ACE inhibitors reduce all-cause mortality in diabetic nephropathy; data unclear for AIIRAs

A meta-analysis demonstrates that angiotensin converting enzyme (ACE) inhibitors provide a survival benefit in patients with diabetic nephropathy, whereas no such evidence exists for angiotensin II receptor antagonists (AIIRAs). Both classes of drugs prevent progression of nephropathy and promote regression to normoalbuminuria.
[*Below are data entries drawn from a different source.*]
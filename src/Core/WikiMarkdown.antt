-- ===== src/Core/WikiMarkdown.antt =====
-- apps/core/wiki_markdown.py: headings of a wiki page, their ids, and the table of contents.
-- `slugify` is Django's, so it is a parameter.
pub mod Regex
pub mod Toc
pub mod Headings
mod Tests
use hivewiki_web.Base.{
  ℕ, zero, suc, ◌+◌, ◌-◌, min, Option, none, some, List, [], ◌∷◌, ◌++◌, ◌==◌, ltb, if◌then◌else◌,
  length, get_or, replicate,
}
use hivewiki_web.Base.Text.{
  Text, codes, is_empty, text_eq, strip, lstrip, decimal, splitlines, join_lines,
}
use hivewiki_web.Base.Dict.{Dict, lookup_or, insert}
use Regex.{match_heading, plain_heading_text}

pub record TocItem : Type 0 where
  pub level : ℕ
  pub text : Text
  pub id : Text

-- `base_id or "section"`
abbrev pub or_else : Text → Text → Text
or_else [] s = s
or_else (c ∷ t) s = c ∷ t

module _ (slugify : Text → Text) where
  unfoldable pub base_id : Text → Text
  base_id heading = or_else (slugify heading) (codes "section")

  -- The id, and `seen_ids` after the call.
  unfoldable pub unique_heading_id : Text → Dict ℕ → Text × Dict ℕ
  unfolding base_id
  unique_heading_id heading seen =
      let base = base_id heading in
      let count = lookup_or base 0 seen in
      (
        if count == 0 then base else base ++ codes "-" ++ decimal (count + 1),
        insert base (count + 1) seen,
      )

  -- The body of the loop for a line that is a heading: the new line, its entry, the ids seen.
  unfoldable pub heading_entry : Text × Text → Dict ℕ → Text × TocItem × Dict ℕ
  heading_entry (hashes, raw) seen =
      let heading = strip (plain_heading_text raw) in
      let (id, seen') = unique_heading_id heading seen in
      (
        hashes ++ codes " " ++ raw ++ codes " {#" ++ id ++ codes "}",
        record { level = length hashes; text = or_else heading (strip raw); id = id },
        seen',
      )

  unfoldable pub context_lines : List Text → Dict ℕ → List Text × List TocItem
  context_lines [] seen = ([], [])
  context_lines (line ∷ lines) seen = elim (match_heading line) [
    | none ↦ let (out, toc) = context_lines lines seen in (line ∷ out, toc)
    | some m ↦
        let (new, item, seen') = heading_entry m seen in
        let (out, toc) = context_lines lines seen' in (new ∷ out, item ∷ toc)
  ]

  unfoldable pub build_markdown_context : Text → Text × List TocItem
  unfolding context_lines
  build_markdown_context text =
      if is_empty text
      then ([], [])
      else let (out, toc) = context_lines (splitlines text) [] in (join_lines out, toc)

pub record AnnotatedItem : Type 0 where
  pub item : TocItem
  pub toc_level : ℕ
  pub label : Text

-- `min(int(item["level"]) for item in toc_items)` over a first item and the others.
abbrev pub min_level : ℕ → List TocItem → ℕ
min_level m [] = m
min_level m (x ∷ xs) = min_level (min m x.level) xs

-- `counters[index] += 1`; `none` is Python's IndexError.
unfoldable pub add_one_at : ℕ → List ℕ → Option (List ℕ)
add_one_at i [] = none
add_one_at zero (c ∷ cs) = some ((c + 1) ∷ cs)
add_one_at (suc i) (c ∷ cs) = elim (add_one_at i cs) [ none ↦ none | some ds ↦ some (c ∷ ds) ]

-- `for index in range(first, len(counters)): counters[index] = 0`
unfoldable pub zero_from : ℕ → List ℕ → List ℕ
zero_from first [] = []
zero_from zero (c ∷ cs) = 0 ∷ zero_from zero cs
zero_from (suc first) (c ∷ cs) = c ∷ zero_from first cs

unfoldable pub toc_label : ℕ → ℕ → Text
toc_label level index =
    if level == 1
    then decimal index ++ codes "."
    else if level == 2
    then (96 + index) ∷ codes "."
    else if level == 3
    then decimal index ++ codes ")"
    else if level == 4
    then (64 + index) ∷ codes ")"
    else decimal index ++ codes "."

unfoldable pub annotate_from : ℕ → List ℕ → List TocItem → Option (List AnnotatedItem)
annotate_from lowest counters [] = some []
annotate_from lowest counters (x ∷ xs) =
    let level = x.level - lowest + 1 in
    elim (add_one_at (level - 1) counters) [
      | none ↦ none
      | some bumped ↦
          let counters' = zero_from level bumped in
          let entry : AnnotatedItem = record {
            item = x;
            toc_level = level;
            label = toc_label level (get_or counters' (level - 1) 0);
          } in
          elim (annotate_from lowest counters' xs) [ none ↦ none | some out ↦ some (entry ∷ out) ]
    ]

unfoldable pub annotate_toc_items : List TocItem → Option (List AnnotatedItem)
unfolding annotate_from
annotate_toc_items [] = some []
annotate_toc_items (x ∷ xs) = annotate_from (min_level x.level xs) (replicate 6 0) (x ∷ xs)

-- The `while` that pops blank lines from the front.
unfoldable pub pop_blank : List Text → List Text
pop_blank [] = []
pop_blank (l ∷ ls) = if is_empty (strip l) then pop_blank ls else l ∷ ls

-- What follows the test that the first line is a heading.
unfoldable pub strip_matched : Text → Text → List Text → Option (Text × Text) → Text
unfolding pop_blank
strip_matched text title rest none = text
strip_matched text title rest (some (hashes, raw)) =
    if length hashes == 1
    then (if text_eq (plain_heading_text raw) (strip title)
        then join_lines (pop_blank rest)
        else text)
    else text

abbrev pub strip_lines : Text → Text → List Text → Text
strip_lines text title [] = text
strip_lines text title (l ∷ ls) = strip_matched text title ls (match_heading (strip l))

unfoldable pub strip_leading_title_heading : Text → Text → Text
strip_leading_title_heading text title =
    if is_empty text then [] else strip_lines text title (splitlines text)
The meta-analysis included almost exclusively placebo-controlled trials, making comparison of the relative effects of ACE inhibitors and AIIRAs on survival difficult, according to the study authors. "True differences in the relative effects of ACE inhibitors and AIIRAs can be established only by adequately powered trials that directly compare the two agents, which unfortunately are not available," they write.

Forty-three trials in which ACE inhibitors or AIIRAs were compared with placebo or each other in patients with micro- or macroalbuminuria were identified through a search of Medline, Embase, and a renal group trial register. Thirty-six trials compared ACE inhibitors with placebo (N=4,008), 4 compared AIIRAs with placebo (N=3,331), and 3 compared ACE inhibitors with AIIRAs (N=206). Additional study data were obtained from study authors, when possible, to evaluate all outcomes of interest (eg, all-cause death and renal outcomes).

Compared with placebo, ACE inhibitors were associated with reductions in a doubling of serum creatinine concentration and the development of end-stage renal disease, which approached but did not achieve significance. ACE inhibitors significantly reduced the risk of progression from micro- to macroalbuminuria by 55% (95% CI, 0.28–0.71) and significantly increased the rate of regression from micro- to normoalbuminuria by more than 3-fold (RR=3.42; 95% CI, 1.95–5.99).

Three trials in which AIIRAs were compared with placebo showed a significant 22% reduction in the risk of end-stage renal disease (95% CI, 0.67–0.91) and a significant 21% reduction in the risk of doubling of serum creatinine (95% CI, 0.67–0.93) with AIIRAs. Three placebo-controlled trials also demonstrated a significant 51% decrease in the risk of progression from micro- to macroalbuminuria with therapy (95% CI, 0.32–0.75), and 2 trials showed a significant increase in the rate of regression from micro- to normoalbuminuria (RR=1.42; 95% CI, 1.05–1.93).

The 3 trials in which ACE inhibitors were compared with AIIRAs did not report on all-cause mortality, end-stage renal disease, or doubling of serum creatinine; in 1 trial, a trend existed favoring ACE inhibitors in reducing the risk of progression from micro- to macroalbuminuria (RR=0.16; 95% CI, 0.02–1.44).

The effect of ACE inhibitors on all-cause mortality did not vary according to type of diabetes, presence or absence of hypertension, or microalbuminuria compared with macroalbu-minuria at baseline.

The authors concluded that the designs of the trials, including the patient populations studied, their risk of renal disease at baseline, and achieved blood pressure differences compared with placebo, may explain some of the differences observed in the results between the 2 classes of agents.

SOURCE Strippoli GFM, Craig M, Deeks JJ, Schena FP, Craig JC. Effects of angiotensin converting enzyme inhibitors and angiotensin II receptor antagonists on mortality and renal outcomes in diabetic nephropathy: systematic review. BMJ [serial online]. October 2004;329:1-12. Available from BMJ Publishing Group, Limited, London, England. Accessed February 23, 2005.